The researchers from IISc built on Maynard Smith’s model by developing many self-consistent versions that incorporate the consequences of the gamete size difference, and the trade-off of gamete production with parental care. “We wanted to explicitly incorporate the consequences of egg production being expensive and sperm production being cheap to re-examine the parental investment hypothesis,” explains Priya.

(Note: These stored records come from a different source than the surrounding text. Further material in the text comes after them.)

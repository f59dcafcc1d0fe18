-- ===== src/Proc/Switch.antt =====
-- src/system/kernel/hal/proc/proc.c and src/system/kernel/schedule/schedule.c: from the kernel to a process and back.
-- The stack frame that an interrupt or system call leaves is the record of the registers in it.
use gunw_os.Prelude.Outcome.{Outcome, ok, oops}
use gunw_os.Prelude.Int.{ℤ, pos, leb_ℤ, index}
use gunw_os.Prelude.{ℕ, not, ◌&&◌, ◌∷◌, ◌==◌, if◌then◌else◌}
use gunw_os.Runloop.{max_proc}
use gunw_os.Kernel.{
  Kernel, kernel_proc_id, ps_ready, ps_running, is_locked, CpuState, ProcessUser, paging_switch,
  set_process,
}
use gunw_os.Schedule.{is_ready}
use gunw_os.Proc.{is_running, is_blocked, is_finished}

-- What `k_proc_switch` writes.
unfoldable pub switched : ℤ → CpuState → Kernel → Kernel
switched p saved k =
    record (set_process k (index p) (record (k.p_tab (index p)) { state = ps_running })) {
      kernel_state = ps_ready;
      kernel_cpu = saved;
      proc_current = p;
      effects = paging_switch p ∷ k.effects;
    }

-- `k_proc_switch`. `saved` are the registers that the kernel saves for its own return; the result is
-- the state that `iret` and the pops before it load.
unfoldable pub k_proc_switch : ℤ → CpuState → Kernel → Outcome (CpuState × Kernel)
unfolding switched
k_proc_switch p saved k =
    if not (leb_ℤ (pos 0) p)
    then oops
    else if leb_ℤ (pos max_proc) p
    then oops
    else if not (is_running k.kernel_state)
    then oops
    else if not (is_ready (k.p_tab (index p)).state)
    then oops
    else if is_locked (k.p_tab (index p)).lock_mask
    then oops
    else ok ((k.p_tab (index p)).cpu_state, switched p saved k)

-- The process that has been left: its registers are those of the frame. A finished one is let be.
unfoldable pub left_process : CpuState → ProcessUser → ProcessUser
left_process frame u =
    if is_finished u.state
    then u
    else record u { state = if is_running u.state then ps_ready else u.state; cpu_state = frame }

-- What `k_proc_switchToKernelIfNeeded` writes.
unfoldable pub entered : ℤ → CpuState → Kernel → Kernel
unfolding left_process
entered p frame k = record (set_process k (index p) (left_process frame (k.p_tab (index p)))) {
  kernel_state = ps_running;
  proc_current = kernel_proc_id;
}

-- `k_proc_switchToKernelIfNeeded`, `ref_esp` being the address of the frame; the result is the frame
-- afterwards, from which the interrupt returns.
unfoldable pub k_proc_switch_to_kernel_if_needed :
    ℕ → ℤ → CpuState → Kernel → Outcome (CpuState × Kernel)
unfolding entered
k_proc_switch_to_kernel_if_needed ref_esp p frame k =
    let u = k.p_tab (index p) in
    if is_running k.kernel_state
    then ok (frame, k)
    else if not (leb_ℤ (pos 0) p)
    then oops
    else if leb_ℤ (pos max_proc) p
    then oops
    else if not (is_running u.state) && not (is_blocked u.state) && not (is_finished u.state)
    then oops
    else if not (is_ready k.kernel_state)
    then oops
    else if ref_esp == 0
    then oops
    else ok (k.kernel_cpu, entered p frame k)

-- `k_proc_schedule_intNeedsKernelHandling`
unfoldable pub k_proc_schedule_int_needs_kernel_handling :
    ℕ → CpuState → Kernel → Outcome (CpuState × Kernel)
unfolding k_proc_switch_to_kernel_if_needed
k_proc_schedule_int_needs_kernel_handling ref_esp frame k =
    k_proc_switch_to_kernel_if_needed ref_esp k.next_proc_id frame k

-- `k_proc_schedule_onKernelHandlingFinished` up to the switch: the state to go on from is that of
-- the chosen process, or the kernel's own where there is none to run.
unfoldable pub k_proc_schedule_on_kernel_handling_finished :
    CpuState → Kernel → Outcome (CpuState × Kernel)
unfolding k_proc_switch
k_proc_schedule_on_kernel_handling_finished saved k =
    if not (leb_ℤ (pos 0) k.next_proc_id)
    then ok (saved, k)
    else k_proc_switch k.next_proc_id saved (record k { execution_time_counter = 0 })

-- The assignment behind the switch, which takes place when the kernel is entered again: the saved
-- instruction pointer of the kernel is the end of `k_proc_switch`.
unfoldable pub on_kernel_return : Kernel → Kernel
on_kernel_return k = record k { last_proc_id = k.next_proc_id }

They developed two sets of models, one assuming that all receptive females become available to mate at the same time (synchronous model). The other model considered that receptive females become available to mate sequentially (asynchronous model). Thus, a male deserting one clutch has the possibility to mate with an unmated female in the asynchronous model, but not in the synchronous model. Each of these models had three game frameworks.

The first game of the synchronous model considered that deserting males could mate again. Since the number of females is finite, more deserting males within the population would mean fewer chances for males to mate. On the other hand, when only a few males desert, the males benefit more by mating with many females.

Deserting females get to lay a second clutch of eggs, increasing the number of their offspring. Hence, the two coevolving male and female strategies led to males and females to care equally for their offspring, resulting in biparental care in the first game.

The second game was similar to the first, except that, males who cared could also get to mate again, especially as sperm production is assumed to be cheap, and hence need not trade-off with male parental care. However, it can be assumed that deserting males have an advantage with these rematings. The third game assumed that females who abandon could lay more eggs in the first clutch itself and that only males who deserted could mate again. These two games gave rise to either similar results as the first model or male-biased care. It would be more beneficial for females to abandon if males cared for their offspring.

In nature, seldom does mating occur synchronously. When the researchers included asynchronous mating, the first game resulted in all four patterns of parental care. The second game showed either male-biased or biparental care, and the third game resulted in more male care than the first game. Though these results differ from the synchronous models, the assumptions that go into games 2 and 3 select for more male care.

The results of this study contradicts Trivers' hypothesis in that, incorporating the logical consequences of gamete size differences between sexes, male-biased parental care is the only biased pattern of care in the synchronous model. The asynchronous model also selects for more male care when these consequences are incorporated. This result is seen despite the differing costs of sperm and egg production and their trade-off with parental care. The researchers insist on the need for a better understanding of the implications of differential gamete size between sexes, coevolution of parental strategies and competition for mates to interpret the patterns of parental care observed in nature.

"We are working on two follow-up studies to this, where we also incorporate parentage and sexual selection considerations. In all of these studies, the intent is to question and extend some of the existing theories of evolution of sex roles, and attempt to explain the diversity of sex roles seen in nature," signs off Priya.


This article has been run past the researchers, whose work is covered, to ensure accuracy.